> **Work to be completed**
Give the lines below again exactly, starting with the line that holds "other_created = record" and going on through the line that holds "other_created) ∷ []))".
<<<<
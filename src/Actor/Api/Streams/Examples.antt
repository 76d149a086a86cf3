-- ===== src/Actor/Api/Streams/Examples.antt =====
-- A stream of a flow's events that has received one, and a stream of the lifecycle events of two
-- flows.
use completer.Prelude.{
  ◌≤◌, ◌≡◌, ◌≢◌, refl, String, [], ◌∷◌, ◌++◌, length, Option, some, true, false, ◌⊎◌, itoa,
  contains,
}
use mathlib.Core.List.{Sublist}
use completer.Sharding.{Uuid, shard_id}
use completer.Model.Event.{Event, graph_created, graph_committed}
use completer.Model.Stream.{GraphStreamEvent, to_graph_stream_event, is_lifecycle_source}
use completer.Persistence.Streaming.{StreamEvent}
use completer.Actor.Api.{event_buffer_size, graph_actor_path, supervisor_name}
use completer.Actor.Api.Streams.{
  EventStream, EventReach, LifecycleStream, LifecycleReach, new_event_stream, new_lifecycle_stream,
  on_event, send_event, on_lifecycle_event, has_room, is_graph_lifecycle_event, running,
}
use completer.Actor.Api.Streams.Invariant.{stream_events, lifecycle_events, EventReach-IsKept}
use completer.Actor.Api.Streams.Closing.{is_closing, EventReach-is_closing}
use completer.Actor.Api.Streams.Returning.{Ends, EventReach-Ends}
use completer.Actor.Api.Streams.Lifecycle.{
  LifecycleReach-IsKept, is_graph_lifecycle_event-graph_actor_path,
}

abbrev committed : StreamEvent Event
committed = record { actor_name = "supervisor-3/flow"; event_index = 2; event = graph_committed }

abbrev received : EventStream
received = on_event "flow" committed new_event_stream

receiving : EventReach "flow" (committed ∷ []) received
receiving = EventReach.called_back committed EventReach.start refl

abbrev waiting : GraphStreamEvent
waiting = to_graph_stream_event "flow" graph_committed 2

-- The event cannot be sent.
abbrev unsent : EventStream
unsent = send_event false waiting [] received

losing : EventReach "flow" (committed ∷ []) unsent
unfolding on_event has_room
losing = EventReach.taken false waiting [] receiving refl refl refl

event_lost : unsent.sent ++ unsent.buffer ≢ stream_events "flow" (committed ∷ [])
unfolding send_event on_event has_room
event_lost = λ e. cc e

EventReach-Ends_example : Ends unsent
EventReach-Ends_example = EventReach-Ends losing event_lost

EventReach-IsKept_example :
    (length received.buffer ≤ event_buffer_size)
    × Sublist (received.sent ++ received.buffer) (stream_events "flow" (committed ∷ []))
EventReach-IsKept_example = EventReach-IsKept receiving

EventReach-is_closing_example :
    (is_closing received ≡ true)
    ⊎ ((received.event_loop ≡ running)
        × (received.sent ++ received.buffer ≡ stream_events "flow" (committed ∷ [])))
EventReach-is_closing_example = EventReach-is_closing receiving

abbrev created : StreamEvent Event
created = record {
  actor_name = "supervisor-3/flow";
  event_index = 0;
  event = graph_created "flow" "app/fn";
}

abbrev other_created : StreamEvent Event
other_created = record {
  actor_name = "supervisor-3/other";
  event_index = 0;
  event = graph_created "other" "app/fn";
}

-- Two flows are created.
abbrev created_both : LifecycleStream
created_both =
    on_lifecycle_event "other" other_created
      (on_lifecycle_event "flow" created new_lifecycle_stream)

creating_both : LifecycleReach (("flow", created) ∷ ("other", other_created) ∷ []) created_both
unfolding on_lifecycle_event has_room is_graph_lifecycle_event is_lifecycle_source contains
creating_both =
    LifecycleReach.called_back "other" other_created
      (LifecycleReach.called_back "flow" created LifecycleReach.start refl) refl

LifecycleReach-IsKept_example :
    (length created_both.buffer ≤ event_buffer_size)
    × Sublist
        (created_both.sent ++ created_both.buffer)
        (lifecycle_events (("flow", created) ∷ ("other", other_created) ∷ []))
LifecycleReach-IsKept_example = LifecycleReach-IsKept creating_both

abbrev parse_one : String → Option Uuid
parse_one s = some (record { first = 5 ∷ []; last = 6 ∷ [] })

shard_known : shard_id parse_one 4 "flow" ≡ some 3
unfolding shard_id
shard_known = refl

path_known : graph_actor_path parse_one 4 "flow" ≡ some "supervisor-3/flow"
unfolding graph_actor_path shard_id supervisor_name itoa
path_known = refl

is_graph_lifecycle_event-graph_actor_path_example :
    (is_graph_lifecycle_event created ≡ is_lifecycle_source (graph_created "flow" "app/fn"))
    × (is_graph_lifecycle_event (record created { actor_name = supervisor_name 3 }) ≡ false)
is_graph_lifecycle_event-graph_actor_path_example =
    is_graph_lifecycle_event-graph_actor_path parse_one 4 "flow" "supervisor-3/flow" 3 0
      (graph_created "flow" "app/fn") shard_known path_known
>>>>
<<<<
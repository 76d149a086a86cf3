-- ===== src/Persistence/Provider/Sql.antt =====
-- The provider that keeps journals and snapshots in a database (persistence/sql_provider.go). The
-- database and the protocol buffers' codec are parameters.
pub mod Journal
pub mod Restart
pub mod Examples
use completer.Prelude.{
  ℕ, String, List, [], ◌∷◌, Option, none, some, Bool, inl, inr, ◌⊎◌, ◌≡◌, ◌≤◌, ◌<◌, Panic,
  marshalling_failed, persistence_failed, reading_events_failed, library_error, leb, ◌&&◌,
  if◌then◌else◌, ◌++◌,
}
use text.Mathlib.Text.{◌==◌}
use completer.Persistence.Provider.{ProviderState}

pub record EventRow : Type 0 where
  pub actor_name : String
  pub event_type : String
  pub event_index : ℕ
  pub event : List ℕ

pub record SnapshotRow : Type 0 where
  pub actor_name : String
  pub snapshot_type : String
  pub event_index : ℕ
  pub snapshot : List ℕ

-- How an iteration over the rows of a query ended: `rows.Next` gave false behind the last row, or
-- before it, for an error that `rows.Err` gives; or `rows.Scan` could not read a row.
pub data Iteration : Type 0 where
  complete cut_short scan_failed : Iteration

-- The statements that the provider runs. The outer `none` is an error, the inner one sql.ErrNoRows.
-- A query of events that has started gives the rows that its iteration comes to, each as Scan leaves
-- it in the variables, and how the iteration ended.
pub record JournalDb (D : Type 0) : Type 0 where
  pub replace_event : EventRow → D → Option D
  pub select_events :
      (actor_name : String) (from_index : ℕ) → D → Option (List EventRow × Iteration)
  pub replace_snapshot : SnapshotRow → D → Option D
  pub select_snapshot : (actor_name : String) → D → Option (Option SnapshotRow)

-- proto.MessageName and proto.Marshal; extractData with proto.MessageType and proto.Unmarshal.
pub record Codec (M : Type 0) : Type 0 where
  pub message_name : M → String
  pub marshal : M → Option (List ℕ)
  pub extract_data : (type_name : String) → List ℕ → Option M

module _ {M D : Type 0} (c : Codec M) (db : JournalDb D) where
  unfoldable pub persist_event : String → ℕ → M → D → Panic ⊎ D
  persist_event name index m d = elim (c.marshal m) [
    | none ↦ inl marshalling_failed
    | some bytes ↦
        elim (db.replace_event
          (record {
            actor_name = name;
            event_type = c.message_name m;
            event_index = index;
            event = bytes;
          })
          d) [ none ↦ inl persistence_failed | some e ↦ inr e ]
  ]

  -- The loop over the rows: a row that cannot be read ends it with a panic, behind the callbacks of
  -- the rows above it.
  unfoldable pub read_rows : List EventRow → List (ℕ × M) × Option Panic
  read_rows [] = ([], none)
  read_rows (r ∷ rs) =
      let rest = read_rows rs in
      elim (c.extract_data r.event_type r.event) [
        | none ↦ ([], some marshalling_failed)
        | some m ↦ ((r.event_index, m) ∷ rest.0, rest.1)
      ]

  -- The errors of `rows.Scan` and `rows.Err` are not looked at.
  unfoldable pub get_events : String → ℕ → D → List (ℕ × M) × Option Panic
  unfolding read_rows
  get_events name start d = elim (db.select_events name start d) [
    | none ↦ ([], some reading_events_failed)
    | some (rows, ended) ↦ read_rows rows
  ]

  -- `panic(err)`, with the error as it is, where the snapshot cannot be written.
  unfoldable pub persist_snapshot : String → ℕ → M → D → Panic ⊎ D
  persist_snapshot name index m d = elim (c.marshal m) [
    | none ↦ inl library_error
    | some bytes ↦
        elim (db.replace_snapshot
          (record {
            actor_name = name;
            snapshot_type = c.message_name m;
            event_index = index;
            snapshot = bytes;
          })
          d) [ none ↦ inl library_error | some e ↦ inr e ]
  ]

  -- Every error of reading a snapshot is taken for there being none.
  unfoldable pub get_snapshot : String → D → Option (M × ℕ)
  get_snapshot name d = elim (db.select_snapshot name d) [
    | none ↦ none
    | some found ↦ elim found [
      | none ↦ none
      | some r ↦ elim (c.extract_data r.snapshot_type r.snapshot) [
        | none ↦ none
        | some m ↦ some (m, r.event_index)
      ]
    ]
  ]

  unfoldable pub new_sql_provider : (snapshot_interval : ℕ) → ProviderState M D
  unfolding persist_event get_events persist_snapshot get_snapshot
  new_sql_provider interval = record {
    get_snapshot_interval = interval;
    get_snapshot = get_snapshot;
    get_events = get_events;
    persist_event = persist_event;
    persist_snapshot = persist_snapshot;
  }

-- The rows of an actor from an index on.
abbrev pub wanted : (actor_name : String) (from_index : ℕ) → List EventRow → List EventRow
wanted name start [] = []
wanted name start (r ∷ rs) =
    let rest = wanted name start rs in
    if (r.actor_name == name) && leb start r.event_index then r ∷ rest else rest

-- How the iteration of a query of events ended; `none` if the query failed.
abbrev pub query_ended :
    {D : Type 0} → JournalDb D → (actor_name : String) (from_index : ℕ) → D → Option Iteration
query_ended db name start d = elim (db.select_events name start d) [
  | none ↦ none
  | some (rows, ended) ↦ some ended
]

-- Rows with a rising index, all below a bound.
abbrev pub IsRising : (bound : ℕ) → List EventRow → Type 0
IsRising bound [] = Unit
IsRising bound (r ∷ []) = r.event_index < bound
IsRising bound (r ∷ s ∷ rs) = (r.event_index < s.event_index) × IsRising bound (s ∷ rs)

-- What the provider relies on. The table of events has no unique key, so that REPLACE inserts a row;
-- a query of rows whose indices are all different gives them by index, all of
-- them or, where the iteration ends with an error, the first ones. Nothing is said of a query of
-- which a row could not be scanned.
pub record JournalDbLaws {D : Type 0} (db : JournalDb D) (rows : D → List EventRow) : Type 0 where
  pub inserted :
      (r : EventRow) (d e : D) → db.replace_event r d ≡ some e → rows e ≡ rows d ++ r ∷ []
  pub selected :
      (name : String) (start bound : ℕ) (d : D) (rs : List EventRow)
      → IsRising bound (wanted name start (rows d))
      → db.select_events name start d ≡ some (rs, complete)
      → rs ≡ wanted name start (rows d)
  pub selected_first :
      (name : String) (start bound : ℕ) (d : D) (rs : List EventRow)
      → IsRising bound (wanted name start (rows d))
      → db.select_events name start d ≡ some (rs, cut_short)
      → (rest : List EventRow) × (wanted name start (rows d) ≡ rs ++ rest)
>>>>
> **Result of this task**
other_created = record {
  actor_name = "supervisor-3/other";
  event_index = 0;
  event = graph_created "other" "app/fn";
}

-- Two flows are created.
abbrev created_both : LifecycleStream
created_both =
    on_lifecycle_event "other" other_created
      (on_lifecycle_event "flow" created new_lifecycle_stream)

creating_both : LifecycleReach (("flow", created) ∷ ("other", other_created) ∷ []) created_both
unfolding on_lifecycle_event has_room is_graph_lifecycle_event is_lifecycle_source contains
creating_both =
    LifecycleReach.called_back "other" other_created
      (LifecycleReach.called_back "flow" created LifecycleReach.start refl) refl

LifecycleReach-IsKept_example :
    (length created_both.buffer ≤ event_buffer_size)
    × Sublist
        (created_both.sent ++ created_both.buffer)
        (lifecycle_events (("flow", created) ∷ ("other", other_created) ∷ []))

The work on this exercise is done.